1. Field of the Invention
The invention generally relates to memory access.
2. Description of the Related Art
FIG. 1 illustrates a prior art memory system 100 comprising a memory controller 110 and a memory 120. Memory controller 110 is coupled to memory 120 by a set of address lines 112, a set of address/data lines 114, control lines 116, and a clock (CLK) line 118 to clock memory 120 for synchronous memory access.
With reference to a read access timing diagram 200 of FIG. 2, memory controller 110 requests a read access to memory 120 by outputting a high-order address portion (A1H) over address lines 112, a low-order address portion (A1L) over address/data lines 114, and a read command, an active address valid (/ADV) control signal, and an active chip enable (CE) control signal over control lines 116. Memory 120 latches address portions A1H and A1L in response to the active /ADV signal, accesses stored data words (D1, D2, D3, and D4) starting at the address A1 formed by concatenating address portions A1H and A1L, and outputs data words D1, D2, D3, and D4 to memory controller 110 over address/data lines 114 in successive clock cycles.
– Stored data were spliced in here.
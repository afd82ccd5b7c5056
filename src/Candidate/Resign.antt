-- ===== src/Candidate/Resign.antt =====
-- `resign()` and the destructor block while the completion queue runs other callbacks, so they are
-- cut into the parts between their waits; `System` has the thread that runs them, the counter
-- `cancels` of `resign()`, and one step for each callback and each part.
pub mod Steps
pub mod Invariant
pub mod Reached
pub mod Waits
pub mod Result
pub mod Names
use gee_h.Prelude.{ℕ, Bool, true, false, List, [], ◌∷◌, ◌++◌, if◌then◌else◌}
use gee_h.Counter.{Counter, in_shutdown, async_op_start, begin_wait, open_tracer, close_tracer}
use gee_h.Counter
use gee_h.Effect.{
  Outcome, returns, throws, called_after_shutdown, Completion, async_writes_done_future,
  async_finish_future,
}
use gee_h.Etcd.{RangeResponse, WatchResponse, cancel_request}
use gee_h.Candidate.{
  Op, range_query, watch_create, watch_read, watch_cancel, Candidate, post, election_result,
}
use gee_h.Candidate.Query.{on_range_request}
use gee_h.Candidate.Watch.{on_watch_create, on_watch_cancel, on_watch_read}

-- Where the thread that calls `resign()` or the destructor stands: nowhere, at one of the two
-- waits of `resign()`, behind it, or at one of the two waits of the destructor.
pub data Phase : Type 0 where
  running cancelling closing resigned : Phase
  destroying_ops destroying_reads destroyed : Phase

pub record System : Type 0 where
  pub candidate : Candidate
  pub cancels : Counter
  pub phase : Phase

-- The loop over the watches; `false` if it returned from the function.
unfoldable pub cancel_watches : List ℕ → Counter → Candidate → Counter × Candidate × Bool
unfolding async_op_start
cancel_watches [] cancels c = (cancels, c, true)
cancel_watches (w ∷ ws) cancels c =
    let (cancels', started) = async_op_start cancels in
    let next = cancel_watches ws cancels' (post (watch_cancel (cancel_request w) w) c) in
    if started then next else (cancels', c, false)

-- `resign()` up to `cancels.block_until_all_done()`.
unfoldable pub resign : System → System × Outcome (Unit {0})
unfolding in_shutdown begin_wait
resign s =
    let c = s.candidate in
    let c' = record c { current_watches = [] } in
    let (cancels, d, finished) = cancel_watches c.current_watches Counter.new c' in
    if in_shutdown c.ops
    then (s, throws called_after_shutdown)
    else if c.stream
    then (if finished
        then (
          record { candidate = d; cancels = begin_wait cancels; phase = cancelling },
          returns tt,
        )
        else (record s { candidate = d }, returns tt))
    else (record s { candidate = c' }, returns tt)

-- From there to `reads_.block_until_all_done()`. `try_cancel_on` changes no state of the program.
unfoldable pub resign_reads : System → System
unfolding begin_wait
resign_reads s =
    let c = s.candidate in
    record s { candidate = record c { reads = begin_wait c.reads }; phase = closing }

-- From there to the end: close the stream, then report the result. The tracers live until the
-- function returns or throws.
unfoldable pub resign_close : Bool → Bool → ℕ → System → System × Outcome (Unit {0})
unfolding open_tracer close_tracer
resign_close done_ok finish_ok status s =
    let c = s.candidate in
    let (ops, first) = open_tracer c.ops in
    let left = λ (o : Counter) (e : Candidate → Candidate). record s {
      candidate = e (record c { ops = close_tracer o first });
      phase = resigned;
    } in
    let (ops', second) = open_tracer ops in
    elim (async_writes_done_future done_ok) [
      | throws e ↦ (left ops (λ d. d), throws e)
      | returns _ ↦ elim (async_finish_future finish_ok status) [
        | throws e ↦ (left (close_tracer ops' second) (λ d. d), throws e)
        | returns _ ↦ (left (close_tracer ops' second) (election_result false), returns tt)
      ]
    ]

-- The destructor, `cleanup()`: up to `ops_.block_until_all_done()`, unless it has nothing to do.
unfoldable pub cleanup : System → System
unfolding in_shutdown begin_wait
cleanup s =
    let c = s.candidate in
    if in_shutdown c.ops
    then record s { phase = destroyed }
    else record s { candidate = record c { ops = begin_wait c.ops }; phase = destroying_ops }

-- From there to `reads_.block_until_all_done()`.
unfoldable pub cleanup_reads : System → System
unfolding begin_wait
cleanup_reads s =
    let c = s.candidate in
    record s { candidate = record c { reads = begin_wait c.reads }; phase = destroying_reads }

-- What a completed operation brings: the answer to a query or to a read of the stream.
pub record Reply : Type 0 where
  pub ok : Bool
  pub status : ℕ
  pub range : RangeResponse
  pub watch : WatchResponse

-- The lambda that the candidate gave the completion queue with the operation.
unfoldable pub callback : Op → Reply → System → System × Outcome (Unit {0})
unfolding on_range_request on_watch_create on_watch_cancel on_watch_read
callback (range_query req) r s =
    let (c, o) =
      on_range_request (record { ok = r.ok; status = r.status; response = r.range }) s.candidate in
    (record s { candidate = c }, o)
callback (watch_create req wkey wrevision) r s =
    (record s { candidate = on_watch_create r.ok wkey wrevision s.candidate }, returns tt)
callback (watch_read wkey wrevision) r s =
    (record s { candidate = on_watch_read r.ok r.watch wkey wrevision s.candidate }, returns tt)
callback (watch_cancel req w) r s = (record s { cancels = on_watch_cancel s.cancels }, returns tt)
Where memory 120 has an access latency of two clock cycles and where address/data lines 114 carry a 16-bit data word at a time, a single read access of 64 bits of data (four 16-bit data words) at address A1 is performed in six clock cycles. After completion of this read access and a precharge operation for memory 120, another access may be initiated to read another 64 bits of data at an address A2. As illustrated in FIG. 2, this second read access may be initiated eight clock cycles after the first read access is initiated. Four successive accesses to read 256 bits of data (16 16-bit data words) may therefore be performed in 30 clock cycles, that is 3×8 clock cycles for the first three accesses plus 6 clock cycles for the fourth access.
In some cases, the latency penalty incurred when accessing data at different memory locations (e.g., A1 and A2 above), because separate memory access operations are conventionally required, may be too great. Accordingly, what is needed are methods and apparatus for reducing access times to data at different memory locations.